Wednesday, November 21, 2007

The American Gangster propaganda

It was in Florida, January 2006, when I first saw the series American Gangster on the Bojangling Entertainment Tel-lie-vision or BET for the uninformed.

This series was narrated by Ving Rhames; the same Rhames who played a character that got bent over a table in a police station and raped by a crooked cop in Pulp Fiction. Both he and the producers try to promote American Gangster the series, as a cautionary tale against gangsterism. American Gangster the series highlights several criminal-minded “personalities and celebrities” in the African community in America Inc. The producers claimed that the series showed how each gangster’s wrongdoing put in the context of Black his-story shows how their actions both reflected and corrupted the values of their community.

Reflected the values of the community? That is a damning statement against a whole community. I am at a loss to understand how being abnormal reflects African values, or is it we are abnormal, and criminality is a natural predilection of African people?

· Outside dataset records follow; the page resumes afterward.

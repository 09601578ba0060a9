-- ===== src/Connection/Start.antt =====
-- Start and Close of connection.go, and CollectTopology of topology_export.go.
use go_messaging_nats.Base.{String, true, List, [], ◌∷◌, Option, none, some, if◌then◌else◌, not}
use go_messaging_nats.Base.Text.{concat}
use go_messaging_nats.Errors.{Handle, sentinel, already_started, Result}
use go_messaging_nats.Messaging.{Messaging, DeliveryInfo, Topology}
use go_messaging_nats.Connection.{
  Connection, Client, blank_connection, connect, new_jet_stream, close_connection, drain, stop,
  Publisher,
}
use go_messaging_nats.Connection.Monad.{
  M, pure, throw, ◌>>=◌, ◌>>◌, get_conn, modify_conn, wrap_error, or_cleanup, call, call_void,
}
use go_messaging_nats.Connection.Consumers.{start_pending_js_consumers}

-- A setup function, with its name as runtime.FuncForPC gives it.
pub record Setup : Type 0 where
  pub name : String
  pub apply : M (Unit {0})

unfoldable pub default_span_name_fn : DeliveryInfo → String
default_span_name_fn info = concat (info.destination ∷ "#" ∷ info.key ∷ [])

-- The loop of Start over the setup functions.
unfoldable pub run_setups : List Setup → M (Unit {0})
run_setups [] = pure tt
run_setups (f ∷ opts) = do
  wrap_error (concat ("setup function <" ∷ f.name ∷ "> failed: " ∷ [])) "" f.apply
  run_setups opts

-- The loop of CollectTopology, which returns the first error as it is.
unfoldable pub apply_setups : List Setup → M (Unit {0})
apply_setups [] = pure tt
apply_setups (f ∷ setups) = do f.apply; apply_setups setups

abbrev pub with_default_span_name : Connection → Connection
with_default_span_name c = elim c.span_name_fn [
  | none ↦ record c { span_name_fn = some default_span_name_fn }
  | some f ↦ c
]

abbrev pub set_started : Connection → Connection
set_started c = record c { started = true }

-- The start of a connection that collects: nothing but the setup functions.
unfoldable pub start_collecting : List Setup → M (Unit {0})
start_collecting opts = do run_setups opts; modify_conn set_started

module _ (client : Client) (m : Messaging) where
  -- What follows the connection to the server and its JetStream context.
  unfoldable pub run_connected : List Setup → M (Unit {0})
  run_connected opts = do run_setups opts; start_pending_js_consumers client m

  -- A failure from here on closes the connection.
  unfoldable pub finish_start : Handle → List Setup → M (Unit {0})
  finish_start nc opts = do
    or_cleanup (call_void (close_connection nc)) (run_connected opts)
    modify_conn set_started

  unfoldable pub open_jet_stream : Handle → List Setup → M (Unit {0})
  open_jet_stream nc opts = do
    js ←
        or_cleanup (call_void (close_connection nc))
          (wrap_error "failed to create JetStream context: " "" (call client (new_jet_stream nc)))
    modify_conn (λ c. record c { js = some js })
    finish_start nc opts

  unfoldable pub start_connected : List Setup → M (Unit {0})
  start_connected opts = do
    c ← get_conn
    nc ← wrap_error "failed to connect to NATS: " "" (call client (connect c.nats_url c.nats_opts))
    modify_conn (λ c. record c { nc = some nc })
    open_jet_stream nc opts

  unfoldable pub start : List Setup → M (Unit {0})
  start opts = do
    c ← get_conn
    if c.started then throw (sentinel already_started) else (do
      modify_conn with_default_span_name
      if c.collect_mode then start_collecting opts else start_connected opts)

-- ctx.Stop() of every consumer that has a context.
unfoldable pub stop_all : List (Option Handle) → M (Unit {0})
stop_all [] = pure tt
stop_all (none ∷ consumers) = stop_all consumers
stop_all (some ctx ∷ consumers) = do call_void (stop ctx); stop_all consumers

unfoldable pub drained : Client → List (Option Handle) → Option Handle → M (Unit {0})
drained client consumers none = pure tt
drained client consumers (some nc) = do stop_all consumers; _ ← call client (drain nc); pure tt

unfoldable pub close : Client → M (Unit {0})
unfolding drained
close client = do c ← get_conn; if not c.started then pure tt else drained client c.consumers c.nc

-- The result of a run on a connection that collects, given the publishers as they are.
unfoldable pub collect_topology : (Handle → Publisher) → String → List Setup → Result Topology
unfolding apply_setups
collect_topology publishers service_name setups =
    ((do apply_setups setups; c ← get_conn; pure c.topology)
      (record {
        conn = record (blank_connection service_name) { collect_mode = true };
        publishers = publishers;
        calls = [];
      })).0
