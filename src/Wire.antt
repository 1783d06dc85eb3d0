-- ===== src/Wire.antt =====
-- A stream socket as the code sees it through `read` and `write`. What the kernel answers is an
-- input: the chunks that arrive, and how much of each write is accepted. Any series of short reads
-- and short writes is such a value.
use transproxify.Base.{ℕ, zero, suc, List, [], ◌∷◌, ◌++◌, Bool, true, false, take, drop}

-- What the peer still sends: chunks of at least one byte, then the end of the stream or an error.
pub data Inbound : Type 0 where
  eof broken : Inbound
  chunk : ℕ → List ℕ → Inbound → Inbound

-- How the kernel answers one `write`: an error, or at most so many bytes accepted.
pub data Answer : Type 0 where
  refuse : Answer
  accept : ℕ → Answer

-- When the answers are used up, the kernel accepts each write whole.
pub record Socket : Type 0 where
  pub inbound : Inbound
  pub answers : List Answer
  pub sent : List ℕ

-- What `read` or `read_exactly` returns: -1, or the bytes put into the buffer.
pub data Got : Type 0 where
  failed : Got
  got : List ℕ → Got

abbrev pub rechunk : List ℕ → Inbound → Inbound
rechunk [] i = i
rechunk (b ∷ bs) i = chunk b bs i

-- `read` takes at most n bytes of the first chunk.
unfoldable pub read : ℕ → Inbound → Got × Inbound
read zero i = (got [], i)
read (suc n) eof = (got [], eof)
read (suc n) broken = (failed, broken)
read (suc n) (chunk b bs i) = (got (b ∷ take n bs), rechunk (drop n bs) i)

-- All bytes that will still arrive.
abbrev pub bytes : Inbound → List ℕ
bytes eof = []
bytes broken = []
bytes (chunk b bs i) = b ∷ (bs ++ bytes i)

-- Whether the stream ends with an end of file.
abbrev pub ends : Inbound → Bool
ends eof = true
ends broken = false
ends (chunk b bs i) = ends i

abbrev pub pending : Socket → List ℕ
pending s = bytes s.inbound

-- The kernel refuses no write.
abbrev pub Willing : List Answer → Type 0
Willing [] = Unit {0}
Willing (refuse ∷ rest) = ⊥
Willing (accept k ∷ rest) = Willing rest
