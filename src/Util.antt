-- ===== src/Util.antt =====
-- Util.hpp: exact reads and writes, packets, base64.
pub mod Reading
pub mod Writing
pub mod Base64
use transproxify.Base.{
  ℕ, zero, suc, ◌+◌, ◌-◌, ◌*◌, ◌/◌, ◌%◌, ◌^◌, List, [], ◌∷◌, ◌++◌, Bool, true, false, Option, none,
  some, bit_and, length, take, drop, get_or, codes, ltb, if◌then◌else◌,
}
use transproxify.Wire.{Inbound, Answer, refuse, accept, Socket, Got, failed, got, read}

-- The loop of `read_exactly`: `left` is count - i, `buffer` the bytes read so far. Each round but
-- the last reads a byte at least, so that `left` rounds are enough.
read_loop : ℕ → ℕ → List ℕ → Inbound → Got × Inbound
unfolding read
read_loop zero left buffer i = (got buffer, i)
read_loop (suc fuel) zero buffer i = (got buffer, i)
read_loop (suc fuel) (suc left) buffer i =
    let (r, i') = read (suc left) i in
    elim r [
      | failed ↦ (failed, i')
      | got [] ↦ (got buffer, i')
      | got (b ∷ bs) ↦ read_loop fuel (left - length bs) (buffer ++ b ∷ bs) i'
    ]

unfoldable pub read_exactly : ℕ → Inbound → Got × Inbound
unfolding read_loop
read_exactly count i = read_loop count count [] i

-- size_t has 64 bits.
abbrev pub size_mod : ℕ
size_mod = 2 ^ 64

-- The packet so far stands for the buffer and its length. `none` is the result -1.
unfoldable pub build_packet : ℕ → List ℕ → List ℕ → Option (List ℕ)
build_packet max_length packet buf =
    if ltb max_length ((length packet + length buf) % size_mod) then none else some (packet ++ buf)

-- One `write`: -1, or the number of bytes accepted; these are sent.
unfoldable pub write : List ℕ → Socket → Option ℕ × Socket
write buf s = elim s.answers [
  | [] ↦ (some (length buf), record s { sent = s.sent ++ buf })
  | refuse ∷ rest ↦ (none, record s { answers = rest })
  | accept k ∷ rest ↦
      (some (length (take k buf)), record s { answers = rest; sent = s.sent ++ take k buf })
]

-- The loop of `write_exactly` over the bytes that are left. Each round uses up one answer.
write_loop : ℕ → List ℕ → Socket → Bool × Socket
unfolding write
write_loop fuel [] s = (true, s)
write_loop zero (b ∷ bs) s = (false, s)
write_loop (suc fuel) (b ∷ bs) s =
    let (r, s') = write (b ∷ bs) s in
    elim r [ none ↦ (false, s') | some n ↦ write_loop fuel (drop n (b ∷ bs)) s' ]

-- False is the result -1.
unfoldable pub write_exactly : List ℕ → Socket → Bool × Socket
unfolding write_loop
write_exactly buf s = write_loop (suc (length s.answers)) buf s

abbrev base64_values : List ℕ
base64_values = codes "ABCDEFGHIJKLMNOPQRSTUVWXYZabcdefghijklmnopqrstuvwxyz0123456789+/"

base64_value : ℕ → ℕ
base64_value k = get_or base64_values k 0

-- The loop over three bytes at a time, and the switch on the bytes left over.
unfoldable pub base64encode : List ℕ → List ℕ
unfolding base64_value
base64encode (a ∷ b ∷ c ∷ rest) =
    base64_value (bit_and a 0b11111100 / 4)
    ∷ base64_value (bit_and a 0b00000011 * 16 + bit_and b 0b11110000 / 16)
    ∷ base64_value (bit_and b 0b00001111 * 4 + bit_and c 0b11000000 / 64)
    ∷ base64_value (bit_and c 0b00111111)
    ∷ base64encode rest
base64encode [] = []
base64encode (a ∷ []) =
    base64_value (bit_and a 0b11111100 / 4)
    ∷ base64_value (bit_and a 0b00000011 * 16)
    ∷ b'='
    ∷ b'='
    ∷ []
base64encode (a ∷ b ∷ []) =
    base64_value (bit_and a 0b11111100 / 4)
    ∷ base64_value (bit_and a 0b00000011 * 16 + bit_and b 0b11110000 / 16)
    ∷ base64_value (bit_and b 0b00001111 * 4)
    ∷ b'='
    ∷ []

"Crime is a cancer that eats away at our communities," said Reginald Hudlin, BET President of Entertainment. "But for a generation that grew up thinking greed is good -- whether on Wall Street or Martin Luther King Boulevard -- they're not quite so sure whether crime pays or not. We wanted to take an honest look at the criminal life, demystify that world and show what it does to our community."

This very statement is indicative of the moral spiral, for some of us, into a cesspool of the group think in America Inc. If Africans in America Inc. struggle with whether crime pays or not, as Hudlin implies, then no wonder the outside community views us with trepidation and distrust.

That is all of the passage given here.